NSW Opposition introduces small business commissioner bill

The NSW Opposition has introduced a bill to give the state’s small business commissioner “real teeth”, amid criticism from both sides of politics that the role at state and federal levels is virtually meaningless.

 

Adam Searle, NSW shadow minister for small business, has introduced a bill into State Parliament to give the state’s small business commissioner “real teeth” to represent and protect NSW small businesses.

 

According to Searle, central to the bill is the power to provide measures to protect small business from unfair commercial practices, and provide a comprehensive legal framework for the role and functions of the commissioner.

 

The move comes after Bruce Billson, the federal shadow minister for small business, described the establishment of a national small business commissioner as a “token effort” by the Gillard government.

 

“The Gillard government is just giving a mirage that they are trying to help small business,” Billson said in a statement.

 

“It appears as though the commissioner will simply handball off issues to other state and federal government departments around the country.”

 

Similarly, Senator Scott Ryan, shadow parliamentary secretary for small business and fair competition, said the government’s proposal is “all bark and no bite”.

 

“The small business commissioner looks poised to become a glorified help desk, referring small businesses to other agencies, with no powers of its own.”

 

In July last year, the NSW Government appointed former ACCC associate commissioner Yasmin King as the state’s first small business commissioner.

 

The appointment was part of an election promise by NSW Premier Barry O’Farrell to provide additional support to the small business sector.

 

King is responsible for protecting the rights of NSW small businesses by providing a low-cost dispute-resolution mechanism, essentially acting as a “one-stop-shop” for small business complaints about unfair market practices.

 

But according to Searle, the O’Farrell government has “failed to deliver” with regard to legislation for the role of the commissioner.

 

“Before the last election, the Coalition promised to create a small business commissioner to advocate for small businesses, provide a low-cost mediation service and cut red tape,” Searle said in a statement.

 

“They appointed a commissioner… but neglected to provide any legislative basis for her role or her functions… That is why I have acted.”

 

Under his bill, Searle said the commissioner will have a “comprehensive” role including:

  • Receiving and investigating complaints, and resolving through mediation or advocacy, and providing information to small businesses to assist them in making decisions about their commercial dealings with other businesses or government agencies.
  • Monitoring, investing and advising the small business minister on market practices that may negatively affect small businesses.
  • Reporting each year to NSW Parliament on ways to slash red tape and the regulatory burden on small businesses, as well as laws that burden small businesses and recommendations for alleviating it.
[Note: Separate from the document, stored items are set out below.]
-- ===== src/Pipeline/Grows.antt =====
-- verifier/pipeline/evaluate.go: how the state of the walk of `liveAncestorsOf` grows, and what the
-- walk has done for a node that it is through with.
use zero_trust_service.Common.{◌≡◌, refl, ◌⊎◌, inl, inr, String, [], ◌∷◌, Elem, Elem-append}
use zero_trust_service.Pipeline.Violations.{ConditionFunc, ConditionUnknownViolation}
use zero_trust_service.Pipeline.Graph.{Pointer, fqn_of}
use zero_trust_service.Pipeline.Climb.{preds}
use zero_trust_service.Pipeline.Live.{Frontier, see}
use zero_trust_service.Pipeline.Behind.{Dead, Runs, Unknown, Behind}

-- The predecessors were seen.
abbrev pub Opened : Frontier → Pointer → Type 0
Opened st p = (q : Pointer) → Elem q (preds p) → Elem (fqn_of q) st.seen

module _ (quote : String → String) (cond : ConditionFunc) (target : Pointer) where
  -- What the walk has done once it is through with a node.
  pub record Handled (st : Frontier) (p : Pointer) : Type 0 where
    pub opened : Dead cond p → Opened st p
    pub retained : Runs cond p → Elem p st.nodes
    pub reported : (u : ConditionUnknownViolation) → Unknown quote cond p u → Elem u st.unknowns

  -- How the walk goes from one state to another.
  pub record Grows (st st' : Frontier) : Type 0 where
    pub seen_kept : (x : String) → Elem x st.seen → Elem x st'.seen
    pub nodes_kept : (p : Pointer) → Elem p st.nodes → Elem p st'.nodes
    pub unknowns_kept : (u : ConditionUnknownViolation) → Elem u st.unknowns → Elem u st'.unknowns
    pub seen_handled :
        (x : String)
        → Elem x st'.seen
        → Elem x st.seen ⊎ ((p : Pointer) × Behind cond target p × (fqn_of p ≡ x) × Handled st' p)
    pub nodes_new :
        (p : Pointer) → Elem p st'.nodes → Elem p st.nodes ⊎ (Behind cond target p × Runs cond p)
    pub unknowns_new :
        (u : ConditionUnknownViolation)
        → Elem u st'.unknowns
        → Elem u st.unknowns ⊎ ((p : Pointer) × Behind cond target p × Unknown quote cond p u)

  pub Grows-refl : (st : Frontier) → Grows st st
  Grows-refl st = record {
    seen_kept = λ x e. e;
    nodes_kept = λ p e. e;
    unknowns_kept = λ u e. e;
    seen_handled = λ x e. inl e;
    nodes_new = λ p e. inl e;
    unknowns_new = λ u e. inl e;
  }

  pub Handled-mono : (st st' : Frontier) (p : Pointer) → Grows st st' → Handled st p → Handled st' p
  Handled-mono st st' p g h = record {
    opened = λ d q e. g.seen_kept _ (h.opened d q e);
    retained = λ r. g.nodes_kept p (h.retained r);
    reported = λ u k. g.unknowns_kept u (h.reported u k);
  }

  pub Grows-trans : (a b c : Frontier) → Grows a b → Grows b c → Grows a c
  Grows-trans a b c f g = record {
    seen_kept = λ x e. g.seen_kept x (f.seen_kept x e);
    nodes_kept = λ p e. g.nodes_kept p (f.nodes_kept p e);
    unknowns_kept = λ u e. g.unknowns_kept u (f.unknowns_kept u e);
    seen_handled = λ x e. elim (g.seen_handled x e) [
      | inl old ↦ elim (f.seen_handled x old) [
        | inl older ↦ inl older
        | inr (p, k, i, h) ↦ inr (p, k, i, Handled-mono b c p g h)
      ]
      | inr new ↦ inr new
    ];
    nodes_new = λ p e. elim (g.nodes_new p e) [ inl old ↦ f.nodes_new p old | inr new ↦ inr new ];
    unknowns_new =
        λ u e. elim (g.unknowns_new u e) [ inl old ↦ f.unknowns_new u old | inr new ↦ inr new ];
  }

  -- The walk is through with a node that it sees first.
  pub Grows-see :
      (st st' : Frontier) (p : Pointer)
      → Behind cond target p
      → Grows (see p st) st'
      → Handled st' p
      → Grows st st' × Elem (fqn_of p) st'.seen
  Grows-see st st' p k g h = (
    record {
      seen_kept = λ x e. g.seen_kept x ((Elem-append x st.seen (fqn_of p ∷ [])).1 (inl e));
      nodes_kept = λ q e. g.nodes_kept q e;
      unknowns_kept = λ u e. g.unknowns_kept u e;
      seen_handled = λ x e. elim (g.seen_handled x e) [
        | inl old ↦ elim ((Elem-append x st.seen (fqn_of p ∷ [])).0 old) [
          | inl older ↦ inl older
          | inr here ↦ elim here [ inl i ↦ inr (p, k, i, h) | inr no_more ↦ absurd no_more ]
        ]
        | inr new ↦ inr new
      ];
      nodes_new = λ q e. g.nodes_new q e;
      unknowns_new = λ u e. g.unknowns_new u e;
    },
    g.seen_kept (fqn_of p) ((Elem-append (fqn_of p) st.seen (fqn_of p ∷ [])).1 (inr (inl refl))),
  )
“We will be consulting widely on this bill with small business operators, representative organisations and other interested persons,” Searle said.

 

The NSW Government could not be reached for comment.

 

A spokesperson for Federal Small Business Minister Brendan O’Connor, who today launched the official application process for the federal commissioner, says the Liberals “took small businesses for granted” for the 12 years they were in government prior to Labor.

 

“They failed to introduce a small business commissioner, even after the Victorian Labor Government established the first commissioner in 2003,” the spokesperson says.

 

“The Australian small business commissioner will give Australia’s 2.7 million small businesses a strong voice in Canberra by reporting directly to Cabinet through the Small Business Minister.”

 

“The commissioner’s precise role will be finalised in coming months in consultation with the state commissioners and the Small Business Advisory Committee.”